- _Assigned task_: Only the count is needed. Count the lines below with the word "that" in them.

Data supplied section start

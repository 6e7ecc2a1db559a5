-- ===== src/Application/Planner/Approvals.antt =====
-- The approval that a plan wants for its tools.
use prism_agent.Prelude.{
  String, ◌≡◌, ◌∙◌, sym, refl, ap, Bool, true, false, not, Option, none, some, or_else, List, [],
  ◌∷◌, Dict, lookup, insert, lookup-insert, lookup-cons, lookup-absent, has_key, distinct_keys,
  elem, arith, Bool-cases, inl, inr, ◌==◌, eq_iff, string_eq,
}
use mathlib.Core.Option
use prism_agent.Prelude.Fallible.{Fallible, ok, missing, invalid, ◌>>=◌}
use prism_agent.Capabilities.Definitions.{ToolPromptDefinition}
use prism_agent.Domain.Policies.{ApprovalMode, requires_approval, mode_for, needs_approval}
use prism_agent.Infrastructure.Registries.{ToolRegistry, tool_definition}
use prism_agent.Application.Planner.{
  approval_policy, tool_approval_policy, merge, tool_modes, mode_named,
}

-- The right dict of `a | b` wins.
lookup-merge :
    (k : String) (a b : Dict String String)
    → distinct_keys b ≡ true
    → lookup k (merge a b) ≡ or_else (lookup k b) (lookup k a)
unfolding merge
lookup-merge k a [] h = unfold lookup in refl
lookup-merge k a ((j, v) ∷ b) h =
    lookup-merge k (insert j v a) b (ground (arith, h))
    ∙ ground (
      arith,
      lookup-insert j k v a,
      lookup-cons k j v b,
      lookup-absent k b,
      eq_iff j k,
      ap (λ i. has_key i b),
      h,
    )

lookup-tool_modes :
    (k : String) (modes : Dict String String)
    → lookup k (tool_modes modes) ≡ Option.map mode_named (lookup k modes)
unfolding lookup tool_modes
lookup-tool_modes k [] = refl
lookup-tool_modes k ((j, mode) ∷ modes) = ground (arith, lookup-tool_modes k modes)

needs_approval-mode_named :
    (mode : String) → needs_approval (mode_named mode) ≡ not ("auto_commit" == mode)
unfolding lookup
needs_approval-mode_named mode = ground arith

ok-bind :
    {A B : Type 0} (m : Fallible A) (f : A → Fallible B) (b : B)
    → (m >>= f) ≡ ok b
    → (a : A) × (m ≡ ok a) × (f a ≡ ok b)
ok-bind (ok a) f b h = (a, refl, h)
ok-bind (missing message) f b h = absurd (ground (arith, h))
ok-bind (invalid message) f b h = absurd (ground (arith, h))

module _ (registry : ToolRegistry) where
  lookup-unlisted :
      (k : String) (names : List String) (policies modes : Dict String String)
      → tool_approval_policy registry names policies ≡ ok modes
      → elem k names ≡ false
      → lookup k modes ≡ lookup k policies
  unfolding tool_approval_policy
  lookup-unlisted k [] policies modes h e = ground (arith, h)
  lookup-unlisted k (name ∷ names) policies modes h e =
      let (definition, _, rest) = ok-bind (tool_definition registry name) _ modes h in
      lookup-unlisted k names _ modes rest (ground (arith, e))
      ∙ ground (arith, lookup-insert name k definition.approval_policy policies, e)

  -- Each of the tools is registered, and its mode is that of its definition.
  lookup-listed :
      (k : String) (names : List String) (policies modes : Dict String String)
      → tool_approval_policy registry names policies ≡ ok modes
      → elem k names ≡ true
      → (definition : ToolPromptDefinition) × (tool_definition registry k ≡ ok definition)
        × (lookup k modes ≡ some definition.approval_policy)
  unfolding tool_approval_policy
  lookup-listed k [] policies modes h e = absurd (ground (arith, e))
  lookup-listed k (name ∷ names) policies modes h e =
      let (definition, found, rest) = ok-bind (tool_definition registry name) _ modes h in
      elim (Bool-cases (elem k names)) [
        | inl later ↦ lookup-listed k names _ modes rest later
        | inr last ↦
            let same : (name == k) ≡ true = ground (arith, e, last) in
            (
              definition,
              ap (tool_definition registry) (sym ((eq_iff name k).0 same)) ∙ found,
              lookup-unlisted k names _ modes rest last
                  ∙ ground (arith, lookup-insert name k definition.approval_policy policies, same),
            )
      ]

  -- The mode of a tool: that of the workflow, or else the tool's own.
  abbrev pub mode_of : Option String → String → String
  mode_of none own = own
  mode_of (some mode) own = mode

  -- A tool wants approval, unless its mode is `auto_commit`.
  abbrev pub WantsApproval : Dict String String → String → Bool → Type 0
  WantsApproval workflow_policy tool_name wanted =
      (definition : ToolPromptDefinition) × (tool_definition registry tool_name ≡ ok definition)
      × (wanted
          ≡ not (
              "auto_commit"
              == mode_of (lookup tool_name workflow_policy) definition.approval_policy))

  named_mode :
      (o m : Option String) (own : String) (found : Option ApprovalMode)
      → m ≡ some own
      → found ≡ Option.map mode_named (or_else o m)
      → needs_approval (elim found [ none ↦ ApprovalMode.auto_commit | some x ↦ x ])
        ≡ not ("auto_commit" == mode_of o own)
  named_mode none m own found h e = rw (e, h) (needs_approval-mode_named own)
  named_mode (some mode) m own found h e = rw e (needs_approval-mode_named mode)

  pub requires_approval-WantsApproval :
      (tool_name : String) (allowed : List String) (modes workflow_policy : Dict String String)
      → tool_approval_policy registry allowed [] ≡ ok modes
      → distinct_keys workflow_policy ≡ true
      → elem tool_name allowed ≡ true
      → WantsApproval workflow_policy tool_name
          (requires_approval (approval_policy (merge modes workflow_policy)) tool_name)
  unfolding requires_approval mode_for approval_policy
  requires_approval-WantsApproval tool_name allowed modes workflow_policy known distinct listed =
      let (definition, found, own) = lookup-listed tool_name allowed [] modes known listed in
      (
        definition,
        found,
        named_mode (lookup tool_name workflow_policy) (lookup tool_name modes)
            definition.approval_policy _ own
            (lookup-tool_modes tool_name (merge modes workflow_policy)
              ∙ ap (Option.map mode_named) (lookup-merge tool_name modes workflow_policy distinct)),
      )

Data supplied section end
Data supplied section start

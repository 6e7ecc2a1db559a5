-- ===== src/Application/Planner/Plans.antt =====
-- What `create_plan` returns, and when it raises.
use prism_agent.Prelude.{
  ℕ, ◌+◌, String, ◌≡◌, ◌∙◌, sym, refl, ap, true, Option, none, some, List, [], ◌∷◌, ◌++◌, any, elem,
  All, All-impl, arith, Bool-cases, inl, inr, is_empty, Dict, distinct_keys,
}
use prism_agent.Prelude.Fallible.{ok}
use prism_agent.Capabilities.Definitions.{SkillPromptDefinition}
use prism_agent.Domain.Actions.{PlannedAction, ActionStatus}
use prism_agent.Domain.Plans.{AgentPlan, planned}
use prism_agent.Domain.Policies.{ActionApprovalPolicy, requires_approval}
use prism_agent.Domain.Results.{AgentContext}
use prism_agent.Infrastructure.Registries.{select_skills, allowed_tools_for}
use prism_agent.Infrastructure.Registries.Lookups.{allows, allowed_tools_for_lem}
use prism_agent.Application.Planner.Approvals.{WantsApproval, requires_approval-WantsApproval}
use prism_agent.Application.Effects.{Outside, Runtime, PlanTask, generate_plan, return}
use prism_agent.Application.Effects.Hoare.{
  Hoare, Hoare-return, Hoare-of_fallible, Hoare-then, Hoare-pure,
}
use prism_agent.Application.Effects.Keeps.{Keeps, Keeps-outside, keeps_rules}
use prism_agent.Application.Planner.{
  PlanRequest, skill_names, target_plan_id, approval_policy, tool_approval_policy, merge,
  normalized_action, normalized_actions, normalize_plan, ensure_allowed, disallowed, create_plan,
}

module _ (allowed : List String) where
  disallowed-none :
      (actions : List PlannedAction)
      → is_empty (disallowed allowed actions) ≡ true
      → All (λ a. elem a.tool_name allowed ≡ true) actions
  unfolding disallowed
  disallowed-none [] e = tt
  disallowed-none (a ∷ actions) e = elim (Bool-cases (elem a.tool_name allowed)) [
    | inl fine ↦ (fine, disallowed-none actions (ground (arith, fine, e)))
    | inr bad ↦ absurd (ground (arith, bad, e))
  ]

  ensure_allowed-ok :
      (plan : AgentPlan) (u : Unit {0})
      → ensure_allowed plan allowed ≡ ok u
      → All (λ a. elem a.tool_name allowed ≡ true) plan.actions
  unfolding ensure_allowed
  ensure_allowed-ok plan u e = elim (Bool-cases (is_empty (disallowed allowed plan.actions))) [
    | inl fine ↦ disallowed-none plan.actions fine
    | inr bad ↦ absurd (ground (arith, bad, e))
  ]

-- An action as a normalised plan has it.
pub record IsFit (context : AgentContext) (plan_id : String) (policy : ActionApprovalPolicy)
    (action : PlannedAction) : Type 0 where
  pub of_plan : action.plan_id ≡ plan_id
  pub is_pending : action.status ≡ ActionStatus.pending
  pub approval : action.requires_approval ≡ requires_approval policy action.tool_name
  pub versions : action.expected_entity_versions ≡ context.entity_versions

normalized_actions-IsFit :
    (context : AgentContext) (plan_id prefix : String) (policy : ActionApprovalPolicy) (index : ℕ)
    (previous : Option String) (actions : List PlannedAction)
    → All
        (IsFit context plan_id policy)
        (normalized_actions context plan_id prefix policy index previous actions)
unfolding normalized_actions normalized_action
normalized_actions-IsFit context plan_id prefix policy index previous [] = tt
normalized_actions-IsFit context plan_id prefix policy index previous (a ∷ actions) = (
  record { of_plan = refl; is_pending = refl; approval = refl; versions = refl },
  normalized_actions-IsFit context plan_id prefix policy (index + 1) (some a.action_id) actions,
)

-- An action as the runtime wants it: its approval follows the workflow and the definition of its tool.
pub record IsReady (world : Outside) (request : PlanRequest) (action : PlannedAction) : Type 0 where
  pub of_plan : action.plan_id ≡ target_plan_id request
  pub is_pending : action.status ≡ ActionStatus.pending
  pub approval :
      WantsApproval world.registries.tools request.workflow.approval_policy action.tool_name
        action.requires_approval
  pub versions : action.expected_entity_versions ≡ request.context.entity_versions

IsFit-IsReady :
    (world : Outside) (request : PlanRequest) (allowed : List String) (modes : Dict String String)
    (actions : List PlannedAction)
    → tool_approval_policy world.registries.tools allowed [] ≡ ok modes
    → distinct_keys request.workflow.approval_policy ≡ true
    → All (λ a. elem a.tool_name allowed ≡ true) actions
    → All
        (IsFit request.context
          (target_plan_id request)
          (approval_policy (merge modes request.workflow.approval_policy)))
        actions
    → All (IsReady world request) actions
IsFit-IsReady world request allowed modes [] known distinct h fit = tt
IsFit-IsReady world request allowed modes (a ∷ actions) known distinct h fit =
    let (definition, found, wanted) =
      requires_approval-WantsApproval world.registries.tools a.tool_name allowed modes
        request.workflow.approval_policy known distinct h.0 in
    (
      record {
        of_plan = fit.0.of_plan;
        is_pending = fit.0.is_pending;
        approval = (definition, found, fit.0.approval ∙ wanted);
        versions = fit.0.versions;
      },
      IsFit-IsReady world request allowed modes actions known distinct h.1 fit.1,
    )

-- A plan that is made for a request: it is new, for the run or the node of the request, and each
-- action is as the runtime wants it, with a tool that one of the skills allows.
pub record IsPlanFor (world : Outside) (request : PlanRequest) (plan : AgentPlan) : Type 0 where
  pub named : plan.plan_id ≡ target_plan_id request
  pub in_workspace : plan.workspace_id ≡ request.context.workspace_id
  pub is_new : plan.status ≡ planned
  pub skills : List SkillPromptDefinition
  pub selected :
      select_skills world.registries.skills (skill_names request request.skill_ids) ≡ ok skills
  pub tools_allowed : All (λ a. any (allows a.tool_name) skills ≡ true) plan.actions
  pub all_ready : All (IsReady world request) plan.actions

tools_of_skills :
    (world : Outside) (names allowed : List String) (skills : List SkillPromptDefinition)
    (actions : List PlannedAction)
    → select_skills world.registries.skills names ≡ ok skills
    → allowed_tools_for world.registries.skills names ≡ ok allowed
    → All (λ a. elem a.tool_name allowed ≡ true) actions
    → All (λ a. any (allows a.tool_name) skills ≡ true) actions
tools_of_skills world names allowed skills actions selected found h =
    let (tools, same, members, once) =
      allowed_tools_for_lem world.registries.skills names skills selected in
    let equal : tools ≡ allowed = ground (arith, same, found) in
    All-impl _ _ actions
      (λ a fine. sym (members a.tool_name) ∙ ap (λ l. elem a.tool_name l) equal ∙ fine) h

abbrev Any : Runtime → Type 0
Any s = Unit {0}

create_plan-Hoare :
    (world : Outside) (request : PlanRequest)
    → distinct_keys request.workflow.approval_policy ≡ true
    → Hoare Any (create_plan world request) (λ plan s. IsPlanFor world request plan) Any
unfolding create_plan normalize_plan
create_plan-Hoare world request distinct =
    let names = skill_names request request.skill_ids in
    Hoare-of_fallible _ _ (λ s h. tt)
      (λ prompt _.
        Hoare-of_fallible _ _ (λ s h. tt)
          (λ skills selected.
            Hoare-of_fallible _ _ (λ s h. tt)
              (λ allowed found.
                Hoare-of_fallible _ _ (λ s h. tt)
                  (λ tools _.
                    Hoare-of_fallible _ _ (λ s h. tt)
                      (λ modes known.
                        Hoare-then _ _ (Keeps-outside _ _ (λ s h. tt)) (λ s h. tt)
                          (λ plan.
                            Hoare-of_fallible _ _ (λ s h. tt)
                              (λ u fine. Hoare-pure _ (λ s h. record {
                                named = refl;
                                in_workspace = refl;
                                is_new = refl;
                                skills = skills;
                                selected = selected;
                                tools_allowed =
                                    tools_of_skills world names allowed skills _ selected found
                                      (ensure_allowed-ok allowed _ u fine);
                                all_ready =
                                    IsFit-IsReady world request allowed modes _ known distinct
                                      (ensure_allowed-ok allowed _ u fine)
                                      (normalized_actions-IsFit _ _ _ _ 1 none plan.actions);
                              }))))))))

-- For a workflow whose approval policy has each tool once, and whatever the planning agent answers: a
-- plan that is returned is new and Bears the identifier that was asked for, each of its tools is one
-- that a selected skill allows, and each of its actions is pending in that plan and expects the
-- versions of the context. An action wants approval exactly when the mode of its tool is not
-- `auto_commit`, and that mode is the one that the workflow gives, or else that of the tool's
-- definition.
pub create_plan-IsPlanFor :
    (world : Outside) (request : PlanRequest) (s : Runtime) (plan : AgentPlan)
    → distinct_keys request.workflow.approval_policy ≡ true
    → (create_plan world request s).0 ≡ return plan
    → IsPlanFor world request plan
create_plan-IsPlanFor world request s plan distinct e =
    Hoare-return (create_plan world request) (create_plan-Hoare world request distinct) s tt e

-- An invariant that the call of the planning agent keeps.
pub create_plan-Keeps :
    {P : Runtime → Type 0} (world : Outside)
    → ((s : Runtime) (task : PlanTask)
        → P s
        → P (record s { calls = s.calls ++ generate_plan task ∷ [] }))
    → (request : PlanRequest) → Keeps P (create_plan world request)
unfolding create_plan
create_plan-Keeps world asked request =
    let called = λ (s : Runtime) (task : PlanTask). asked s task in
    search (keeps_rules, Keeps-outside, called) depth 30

Data supplied section end

- _Response to the task_: 9